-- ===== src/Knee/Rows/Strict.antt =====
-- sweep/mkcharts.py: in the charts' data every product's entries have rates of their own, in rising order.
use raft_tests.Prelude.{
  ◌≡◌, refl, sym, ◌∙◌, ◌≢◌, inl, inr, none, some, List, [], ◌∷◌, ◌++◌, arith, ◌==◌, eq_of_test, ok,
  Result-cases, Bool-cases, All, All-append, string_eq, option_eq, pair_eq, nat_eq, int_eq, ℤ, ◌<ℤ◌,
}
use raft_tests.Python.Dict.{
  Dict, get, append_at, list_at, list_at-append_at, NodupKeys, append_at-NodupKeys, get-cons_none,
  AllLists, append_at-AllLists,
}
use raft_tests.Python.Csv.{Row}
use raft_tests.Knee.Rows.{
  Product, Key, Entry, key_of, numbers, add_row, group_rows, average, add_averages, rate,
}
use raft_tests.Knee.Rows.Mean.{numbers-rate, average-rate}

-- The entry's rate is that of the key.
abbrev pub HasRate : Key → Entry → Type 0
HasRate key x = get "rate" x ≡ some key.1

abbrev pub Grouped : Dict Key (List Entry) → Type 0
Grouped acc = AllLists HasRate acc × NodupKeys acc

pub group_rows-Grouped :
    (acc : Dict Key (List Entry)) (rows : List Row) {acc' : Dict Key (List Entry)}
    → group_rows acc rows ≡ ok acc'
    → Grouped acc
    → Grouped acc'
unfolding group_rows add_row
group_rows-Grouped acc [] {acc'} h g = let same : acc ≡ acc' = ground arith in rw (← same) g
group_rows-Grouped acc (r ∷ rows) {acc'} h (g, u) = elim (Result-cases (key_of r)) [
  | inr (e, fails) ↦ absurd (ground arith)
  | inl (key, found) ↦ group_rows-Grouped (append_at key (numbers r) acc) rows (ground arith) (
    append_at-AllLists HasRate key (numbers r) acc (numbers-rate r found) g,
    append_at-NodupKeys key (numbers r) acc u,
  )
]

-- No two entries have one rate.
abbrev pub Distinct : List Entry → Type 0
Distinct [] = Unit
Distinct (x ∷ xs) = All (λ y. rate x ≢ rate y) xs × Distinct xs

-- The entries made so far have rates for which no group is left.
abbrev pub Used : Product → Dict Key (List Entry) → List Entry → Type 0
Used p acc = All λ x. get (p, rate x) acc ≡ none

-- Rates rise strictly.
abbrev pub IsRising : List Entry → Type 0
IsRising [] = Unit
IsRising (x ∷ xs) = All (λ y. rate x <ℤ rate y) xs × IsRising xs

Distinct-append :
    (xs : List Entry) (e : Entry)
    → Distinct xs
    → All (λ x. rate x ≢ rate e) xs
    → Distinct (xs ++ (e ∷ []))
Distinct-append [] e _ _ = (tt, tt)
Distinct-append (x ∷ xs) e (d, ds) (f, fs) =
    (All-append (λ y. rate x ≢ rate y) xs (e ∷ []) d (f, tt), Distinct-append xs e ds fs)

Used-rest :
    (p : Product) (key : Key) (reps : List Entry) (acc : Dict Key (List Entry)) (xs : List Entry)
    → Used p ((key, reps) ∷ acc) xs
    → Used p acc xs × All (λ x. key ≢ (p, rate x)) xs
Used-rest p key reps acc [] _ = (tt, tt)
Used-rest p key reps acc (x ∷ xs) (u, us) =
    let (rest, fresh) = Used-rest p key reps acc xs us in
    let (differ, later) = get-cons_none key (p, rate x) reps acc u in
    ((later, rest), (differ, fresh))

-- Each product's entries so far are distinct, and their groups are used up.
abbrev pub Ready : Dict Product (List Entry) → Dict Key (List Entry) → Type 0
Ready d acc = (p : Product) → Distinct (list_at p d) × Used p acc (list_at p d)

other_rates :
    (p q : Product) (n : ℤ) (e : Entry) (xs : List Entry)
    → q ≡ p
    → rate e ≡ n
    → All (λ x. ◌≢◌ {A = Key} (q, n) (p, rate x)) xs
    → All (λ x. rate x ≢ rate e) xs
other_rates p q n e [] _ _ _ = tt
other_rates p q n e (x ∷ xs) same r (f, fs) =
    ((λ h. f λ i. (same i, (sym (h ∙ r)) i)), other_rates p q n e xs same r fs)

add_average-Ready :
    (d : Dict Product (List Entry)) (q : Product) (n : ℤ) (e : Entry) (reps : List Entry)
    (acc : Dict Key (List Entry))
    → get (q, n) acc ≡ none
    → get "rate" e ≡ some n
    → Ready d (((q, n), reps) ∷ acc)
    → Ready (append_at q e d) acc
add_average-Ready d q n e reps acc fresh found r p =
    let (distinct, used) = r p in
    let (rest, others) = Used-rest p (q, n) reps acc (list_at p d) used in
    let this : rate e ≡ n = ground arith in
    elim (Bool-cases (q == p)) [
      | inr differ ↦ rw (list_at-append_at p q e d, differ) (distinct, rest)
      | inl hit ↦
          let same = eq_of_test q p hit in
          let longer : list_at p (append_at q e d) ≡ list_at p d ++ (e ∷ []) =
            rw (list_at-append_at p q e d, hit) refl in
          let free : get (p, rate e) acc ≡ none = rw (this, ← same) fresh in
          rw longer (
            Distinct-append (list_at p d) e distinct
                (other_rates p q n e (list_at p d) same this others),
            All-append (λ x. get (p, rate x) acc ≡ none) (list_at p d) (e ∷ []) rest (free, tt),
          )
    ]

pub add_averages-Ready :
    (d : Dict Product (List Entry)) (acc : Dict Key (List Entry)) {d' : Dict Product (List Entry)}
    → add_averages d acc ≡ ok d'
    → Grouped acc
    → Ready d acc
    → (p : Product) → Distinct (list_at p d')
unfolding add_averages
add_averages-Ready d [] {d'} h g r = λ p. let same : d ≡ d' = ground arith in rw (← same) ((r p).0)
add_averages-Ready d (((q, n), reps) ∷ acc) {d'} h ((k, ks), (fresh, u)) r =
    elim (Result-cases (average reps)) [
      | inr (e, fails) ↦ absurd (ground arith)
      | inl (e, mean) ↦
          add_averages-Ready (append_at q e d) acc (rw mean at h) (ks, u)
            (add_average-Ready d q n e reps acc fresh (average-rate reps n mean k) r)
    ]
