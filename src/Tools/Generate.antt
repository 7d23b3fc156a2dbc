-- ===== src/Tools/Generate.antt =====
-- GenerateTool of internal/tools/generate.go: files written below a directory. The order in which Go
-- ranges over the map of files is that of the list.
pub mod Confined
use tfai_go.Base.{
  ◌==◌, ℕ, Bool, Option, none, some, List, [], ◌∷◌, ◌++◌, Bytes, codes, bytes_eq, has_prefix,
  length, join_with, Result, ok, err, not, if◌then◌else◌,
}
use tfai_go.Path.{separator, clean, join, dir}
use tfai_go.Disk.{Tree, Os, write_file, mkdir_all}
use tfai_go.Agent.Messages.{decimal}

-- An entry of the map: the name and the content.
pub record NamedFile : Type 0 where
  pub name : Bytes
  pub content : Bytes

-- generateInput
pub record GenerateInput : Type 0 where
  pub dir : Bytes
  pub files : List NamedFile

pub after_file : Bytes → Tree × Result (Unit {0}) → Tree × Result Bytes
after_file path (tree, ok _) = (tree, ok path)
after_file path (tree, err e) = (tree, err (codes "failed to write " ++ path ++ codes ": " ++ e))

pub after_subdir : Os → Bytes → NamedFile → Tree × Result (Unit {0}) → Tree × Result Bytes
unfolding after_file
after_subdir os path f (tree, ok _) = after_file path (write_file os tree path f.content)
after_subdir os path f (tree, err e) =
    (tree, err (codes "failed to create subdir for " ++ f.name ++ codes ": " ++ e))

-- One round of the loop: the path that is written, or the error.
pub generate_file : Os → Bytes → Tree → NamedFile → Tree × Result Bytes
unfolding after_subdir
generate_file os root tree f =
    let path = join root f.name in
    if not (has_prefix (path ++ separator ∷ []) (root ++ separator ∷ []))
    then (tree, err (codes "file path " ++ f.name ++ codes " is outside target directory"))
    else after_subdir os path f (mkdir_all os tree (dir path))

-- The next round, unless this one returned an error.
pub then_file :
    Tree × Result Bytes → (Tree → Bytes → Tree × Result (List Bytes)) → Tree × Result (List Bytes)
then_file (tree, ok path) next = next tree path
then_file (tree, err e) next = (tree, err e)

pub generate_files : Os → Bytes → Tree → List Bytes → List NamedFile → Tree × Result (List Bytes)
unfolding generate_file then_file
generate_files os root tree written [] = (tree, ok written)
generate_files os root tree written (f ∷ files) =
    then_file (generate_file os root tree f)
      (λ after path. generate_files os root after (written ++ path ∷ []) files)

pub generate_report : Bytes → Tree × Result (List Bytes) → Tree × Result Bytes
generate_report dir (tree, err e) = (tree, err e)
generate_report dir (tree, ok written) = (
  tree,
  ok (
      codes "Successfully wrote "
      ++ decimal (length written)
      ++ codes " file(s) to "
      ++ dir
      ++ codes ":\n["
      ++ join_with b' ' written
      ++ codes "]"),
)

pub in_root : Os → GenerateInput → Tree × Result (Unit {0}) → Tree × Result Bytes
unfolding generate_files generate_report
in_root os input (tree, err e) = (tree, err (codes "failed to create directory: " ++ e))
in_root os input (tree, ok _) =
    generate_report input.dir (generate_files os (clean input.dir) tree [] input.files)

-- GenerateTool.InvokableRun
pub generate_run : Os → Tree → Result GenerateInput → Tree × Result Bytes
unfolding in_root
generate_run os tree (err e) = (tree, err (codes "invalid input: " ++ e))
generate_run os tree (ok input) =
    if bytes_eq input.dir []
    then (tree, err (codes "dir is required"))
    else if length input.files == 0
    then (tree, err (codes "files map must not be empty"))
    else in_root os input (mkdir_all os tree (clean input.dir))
___
■ **Assigned task**
Looking over the entries above, how many lines contain the string "elim"? State the number and nothing else.

■ **Solution to the exercise**
3